## Data for review
──────────────────────────────
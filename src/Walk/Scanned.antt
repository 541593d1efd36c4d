-- ===== src/Walk/Scanned.antt =====
-- The guard's scan of the sidecars of its documents.
use git_lex.Base.{
  ◌≡◌, ◌⊎◌, refl, ap, sym, ◌∙◌, inl, inr, true, false, List, [], ◌∷◌, Result, ok, length,
  Bool-cases, All,
}
use git_lex.Text.{Text}
use git_lex.Sets.{member}
use git_lex.Sets.Counting.{Within, Within-all, Nodup}
use git_lex.Fallible.{and_then-ok, ok-eq}
use git_lex.Walk.Sidecars.{SidecarReader, spo_extractor_suffixes, sidecar_path}
use git_lex.Walk.World.{Says}
use git_lex.Walk.Guard.{mark_live, untouched_triples, scan, places}
use git_lex.Walk.Places.{
  IsPlace, places-All, In, In-places, Outside, resolve, untouched_triples-resolve, marked,
  found-Says,
}

module _ {O E : Type 0} (reader : SidecarReader O E)
    (resolve_lines : List Text → Text → Text → Result E (List Text)) where
  abbrev step :
      List Text
      → List Text
      → Text
      → List (Text × Text)
      → List Text
      → List Text
      → Result E (List Text)
  step retracts touched_any sha ps live found =
      let (more, stop) = mark_live (length retracts) retracts found live in
      elim stop [
        | true ↦ ok more
        | false ↦ scan reader resolve_lines retracts touched_any sha ps more
      ]

  scan_sound :
      (retracts touched_any : List Text) (sha : Text) (ps : List (Text × Text))
      (live out : List Text)
      → All IsPlace ps
      → Nodup live
      → Within live retracts
      → scan reader resolve_lines retracts touched_any sha ps live ≡ ok out
      → (z : Text) → member z out ≡ true
      → (member z live ≡ true) ⊎ Says (resolve reader resolve_lines) (Outside touched_any) sha z
  unfolding scan
  scan_sound retracts touched_any sha [] live out p d w h z m = inl (rw (ok-eq live out h) m)
  scan_sound retracts touched_any sha ((doc, suffix) ∷ ps) live out (k, p) d w h z m =
      let (found, e, rest) =
        and_then-ok
          (untouched_triples reader resolve_lines touched_any sha (sidecar_path doc suffix) doc)
          (step retracts touched_any sha ps live) out h in
      let made = (marked reader resolve_lines) retracts found live d w in
      let more = (mark_live (length retracts) retracts found live).0 in
      let inside : member z more ≡ true
          → (member z live ≡ true)
            ⊎ Says (resolve reader resolve_lines) (Outside touched_any) sha z =
        λ m. elim (made.sound z m) [
          | inl old ↦ inl old
          | inr new ↦
              inr ((found-Says reader resolve_lines) touched_any sha doc suffix found z k e new)
        ] in
      elim (Bool-cases (mark_live (length retracts) retracts found live).1) [
        | inl stop ↦ inside (rw (ok-eq more out (rw (stop, step) at rest)) m)
        | inr on ↦
            elim (scan_sound retracts touched_any sha ps more out p made.nodup made.within
              (rw (on, step) at rest) z m) [ inl old ↦ inside old | inr says ↦ inr says ]
      ]

  scan-kept :
      (retracts touched_any : List Text) (sha : Text) (ps : List (Text × Text))
      (live out : List Text)
      → Nodup live
      → Within live retracts
      → scan reader resolve_lines retracts touched_any sha ps live ≡ ok out
      → Within live out
  unfolding scan
  scan-kept retracts touched_any sha [] live out d w h z m = rw (sym (ok-eq live out h)) m
  scan-kept retracts touched_any sha ((doc, suffix) ∷ ps) live out d w h z m =
      let (found, _, rest) =
        and_then-ok
          (untouched_triples reader resolve_lines touched_any sha (sidecar_path doc suffix) doc)
          (step retracts touched_any sha ps live) out h in
      let made = (marked reader resolve_lines) retracts found live d w in
      let more = (mark_live (length retracts) retracts found live).0 in
      elim (Bool-cases (mark_live (length retracts) retracts found live).1) [
        | inl stop ↦ rw (sym (ok-eq more out (rw (stop, step) at rest))) (made.kept z m)
        | inr on ↦
            scan-kept retracts touched_any sha ps more out made.nodup made.within
              (rw (on, step) at rest) z (made.kept z m)
      ]

  -- A candidate that a place's sidecar states is live, also when the scan stops before the place.
  scan_complete :
      (retracts touched_any : List Text) (sha doc suffix : Text) (lines : List Text) (z : Text)
      (ps : List (Text × Text)) (live out : List Text)
      → Nodup live
      → Within live retracts
      → scan reader resolve_lines retracts touched_any sha ps live ≡ ok out
      → In doc suffix ps
      → untouched_triples reader resolve_lines touched_any sha (sidecar_path doc suffix) doc
        ≡ ok lines
      → member z lines ≡ true
      → member z retracts ≡ true
      → member z out ≡ true
  unfolding scan
  scan_complete retracts touched_any sha doc suffix lines z [] live out d w h i e k m = absurd i
  scan_complete retracts touched_any sha doc suffix lines z ((d0, s0) ∷ ps) live out d w h i e k m =
      let (found, read, rest) =
        and_then-ok (untouched_triples reader resolve_lines touched_any sha (sidecar_path d0 s0) d0)
          (step retracts touched_any sha ps live) out h in
      let made = (marked reader resolve_lines) retracts found live d w in
      let more = (mark_live (length retracts) retracts found live).0 in
      elim (Bool-cases (mark_live (length retracts) retracts found live).1) [
        | inl stop ↦
            rw (sym (ok-eq more out (rw (stop, step) at rest)))
              (Within-all more retracts made.nodup made.within (made.stop stop) z m)
        | inr on ↦ elim i [
          | inl (same_doc, same_suffix) ↦
              let equal : lines ≡ found =
                ok-eq lines found
                  (sym e ∙ place-eq touched_any sha doc d0 suffix s0 same_doc same_suffix ∙ read) in
              scan-kept retracts touched_any sha ps more out made.nodup made.within
                (rw (on, step) at rest) z (made.marks on z m (sym (ap (member z) equal) ∙ k))
          | inr i ↦
              scan_complete retracts touched_any sha doc suffix lines z ps more out made.nodup
                made.within (rw (on, step) at rest) i e k m
        ]
      ]
    where
      place-eq :
          (touched_any : List Text) (sha doc d0 suffix s0 : Text)
          → doc ≡ d0
          → suffix ≡ s0
          → untouched_triples reader resolve_lines touched_any sha (sidecar_path doc suffix) doc
            ≡ untouched_triples reader resolve_lines touched_any sha (sidecar_path d0 s0) d0
      place-eq touched_any sha doc d0 suffix s0 e f = rw (e, f) refl

  -- The scan over the sidecars of some documents: what it finds live an unnamed sidecar states, and
  -- what a sidecar of one of them states it finds.
  pub scan-places :
      (retracts touched_any docs : List Text) (sha : Text) (out : List Text) (z : Text)
      → scan reader resolve_lines retracts touched_any sha (places docs) [] ≡ ok out
      → (member z out ≡ true → Says (resolve reader resolve_lines) (Outside touched_any) sha z)
        × ((doc suffix : Text) (lines : List Text)
            → member doc docs ≡ true
            → member suffix spo_extractor_suffixes ≡ true
            → Outside touched_any (sidecar_path doc suffix)
            → (resolve reader resolve_lines) sha (sidecar_path doc suffix) ≡ ok lines
            → member z lines ≡ true
            → member z retracts ≡ true
            → member z out ≡ true)
  scan-places retracts touched_any docs sha out z h = (
    λ m.
        elim (scan_sound retracts touched_any sha (places docs) [] out (places-All docs) tt
          (λ z e. cc) h z m) [ inl e ↦ cc | inr says ↦ says ],
    λ doc suffix lines there s o e k m.
        scan_complete retracts touched_any sha doc suffix lines z (places docs) [] out tt
          (λ z e. cc) h (In-places doc suffix docs there s)
          ((untouched_triples-resolve reader resolve_lines) touched_any sha doc suffix o s ∙ e) k m,
  )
──────────────────────────────
## What to do
Copy out each line of the records character for character.

## Result
filename src/Walk/Scanned.antt
repository 541593d1efd36c4d
-- ===== src/Walk/Scanned.antt =====
-- The guard's scan of the sidecars of its documents.
use git_lex.Base.{
  ◌≡◌, ◌⊎◌, refl, ap, sym, ◌∙◌, inl, inr, true, false, List, [], ◌∷◌, Result, ok, length,
  Bool-cases, All,
}
use git_lex.Text.{Text}
use git_lex.Sets.{member}
use git_lex.Sets.Counting.{Within, Within-all, Nodup}
use git_lex.Fallible.{and_then-ok, ok-eq}
use git_lex.Walk.Sidecars.{SidecarReader, spo_extractor_suffixes, sidecar_path}
use git_lex.Walk.World.{Says}
use git_lex.Walk.Guard.{mark_live, untouched_triples, scan, places}
use git_lex.Walk.Places.{
  IsPlace, places-All, In, In-places, Outside, resolve, untouched_triples-resolve, marked,
  found-Says,
}

module _ {O E : Type 0} (reader : SidecarReader O E)
    (resolve_lines : List Text → Text → Text → Result E (List Text)) where
  abbrev step :
      List Text
      → List Text
      → Text
      → List (Text × Text)
      → List Text
      → List Text
      → Result E (List Text)
  step retracts touched_any sha ps live found =
      let (more, stop) = mark_live (length retracts) retracts found live in
      elim stop [
        | true ↦ ok more
        | false ↦ scan reader resolve_lines retracts touched_any sha ps more
      ]

  scan_sound :
      (retracts touched_any : List Text) (sha : Text) (ps : List (Text × Text))
      (live out : List Text)
      → All IsPlace ps
      → Nodup live
      → Within live retracts
      → scan reader resolve_lines retracts touched_any sha ps live ≡ ok out
      → (z : Text) → member z out ≡ true
      → (member z live ≡ true) ⊎ Says (resolve reader resolve_lines) (Outside touched_any) sha z
  unfolding scan
  scan_sound retracts touched_any sha [] live out p d w h z m = inl (rw (ok-eq live out h) m)
  scan_sound retracts touched_any sha ((doc, suffix) ∷ ps) live out (k, p) d w h z m =
      let (found, e, rest) =
        and_then-ok
          (untouched_triples reader resolve_lines touched_any sha (sidecar_path doc suffix) doc)
          (step retracts touched_any sha ps live) out h in
      let made = (marked reader resolve_lines) retracts found live d w in
      let more = (mark_live (length retracts) retracts found live).0 in
      let inside : member z more ≡ true
          → (member z live ≡ true)
            ⊎ Says (resolve reader resolve_lines) (Outside touched_any) sha z =
        λ m. elim (made.sound z m) [
          | inl old ↦ inl old
          | inr new ↦
              inr ((found-Says reader resolve_lines) touched_any sha doc suffix found z k e new)
        ] in
      elim (Bool-cases (mark_live (length retracts) retracts found live).1) [
        | inl stop ↦ inside (rw (ok-eq more out (rw (stop, step) at rest)) m)
        | inr on ↦
            elim (scan_sound retracts touched_any sha ps more out p made.nodup made.within
              (rw (on, step) at rest) z m) [ inl old ↦ inside old | inr says ↦ inr says ]
      ]

  scan-kept :
      (retracts touched_any : List Text) (sha : Text) (ps : List (Text × Text))
      (live out : List Text)
      → Nodup live
      → Within live retracts
      → scan reader resolve_lines retracts touched_any sha ps live ≡ ok out
      → Within live out
  unfolding scan
  scan-kept retracts touched_any sha [] live out d w h z m = rw (sym (ok-eq live out h)) m
  scan-kept retracts touched_any sha ((doc, suffix) ∷ ps) live out d w h z m =
      let (found, _, rest) =
        and_then-ok
          (untouched_triples reader resolve_lines touched_any sha (sidecar_path doc suffix) doc)
          (step retracts touched_any sha ps live) out h in
      let made = (marked reader resolve_lines) retracts found live d w in
      let more = (mark_live (length retracts) retracts found live).0 in
      elim (Bool-cases (mark_live (length retracts) retracts found live).1) [
        | inl stop ↦ rw (sym (ok-eq more out (rw (stop, step) at rest))) (made.kept z m)
        | inr on ↦
            scan-kept retracts touched_any sha ps more out made.nodup made.within
              (rw (on, step) at rest) z (made.kept z m)
      ]

  -- A candidate that a place's sidecar states is live, also when the scan stops before the place.
  scan_complete :
      (retracts touched_any : List Text) (sha doc suffix : Text) (lines : List Text) (z : Text)
      (ps : List (Text × Text)) (live out : List Text)
      → Nodup live
      → Within live retracts
      → scan reader resolve_lines retracts touched_any sha ps live ≡ ok out
      → In doc suffix ps
      → untouched_triples reader resolve_lines touched_any sha (sidecar_path doc suffix) doc
        ≡ ok lines
      → member z lines ≡ true
      → member z retracts ≡ true
      → member z out ≡ true
  unfolding scan
  scan_complete retracts touched_any sha doc suffix lines z [] live out d w h i e k m = absurd i
  scan_complete retracts touched_any sha doc suffix lines z ((d0, s0) ∷ ps) live out d w h i e k m =
      let (found, read, rest) =
        and_then-ok (untouched_triples reader resolve_lines touched_any sha (sidecar_path d0 s0) d0)
          (step retracts touched_any sha ps live) out h in
      let made = (marked reader resolve_lines) retracts found live d w in
      let more = (mark_live (length retracts) retracts found live).0 in
      elim (Bool-cases (mark_live (length retracts) retracts found live).1) [
        | inl stop ↦
            rw (sym (ok-eq more out (rw (stop, step) at rest)))
              (Within-all more retracts made.nodup made.within (made.stop stop) z m)
        | inr on ↦ elim i [
          | inl (same_doc, same_suffix) ↦
              let equal : lines ≡ found =
                ok-eq lines found
                  (sym e ∙ place-eq touched_any sha doc d0 suffix s0 same_doc same_suffix ∙ read) in
              scan-kept retracts touched_any sha ps more out made.nodup made.within
                (rw (on, step) at rest) z (made.marks on z m (sym (ap (member z) equal) ∙ k))
          | inr i ↦
              scan_complete retracts touched_any sha doc suffix lines z ps more out made.nodup
                made.within (rw (on, step) at rest) i e k m
        ]
      ]
    where
      place-eq :
          (touched_any : List Text) (sha doc d0 suffix s0 : Text)
          → doc ≡ d0
          → suffix ≡ s0
          → untouched_triples reader resolve_lines touched_any sha (sidecar_path doc suffix) doc
            ≡ untouched_triples reader resolve_lines touched_any sha (sidecar_path d0 s0) d0
      place-eq touched_any sha doc d0 suffix s0 e f = rw (e, f) refl

  -- The scan over the sidecars of some documents: what it finds live an unnamed sidecar states, and
  -- what a sidecar of one of them states it finds.
  pub scan-places :
      (retracts touched_any docs : List Text) (sha : Text) (out : List Text) (z : Text)
      → scan reader resolve_lines retracts touched_any sha (places docs) [] ≡ ok out
      → (member z out ≡ true → Says (resolve reader resolve_lines) (Outside touched_any) sha z)
        × ((doc suffix : Text) (lines : List Text)
            → member doc docs ≡ true
            → member suffix spo_extractor_suffixes ≡ true
            → Outside touched_any (sidecar_path doc suffix)
            → (resolve reader resolve_lines) sha (sidecar_path doc suffix) ≡ ok lines
            → member z lines ≡ true
            → member z retracts ≡ true
            → member z out ≡ true)
  scan-places retracts touched_any docs sha out z h = (
    λ m.
        elim (scan_sound retracts touched_any sha (places docs) [] out (places-All docs) tt
          (λ z e. cc) h z m) [ inl e ↦ cc | inr says ↦ says ],
    λ doc suffix lines there s o e k m.
        scan_complete retracts touched_any sha doc suffix lines z (places docs) [] out tt
          (λ z e. cc) h (In-places doc suffix docs there s)
          ((untouched_triples-resolve reader resolve_lines) touched_any sha doc suffix o s ∙ e) k m,
  )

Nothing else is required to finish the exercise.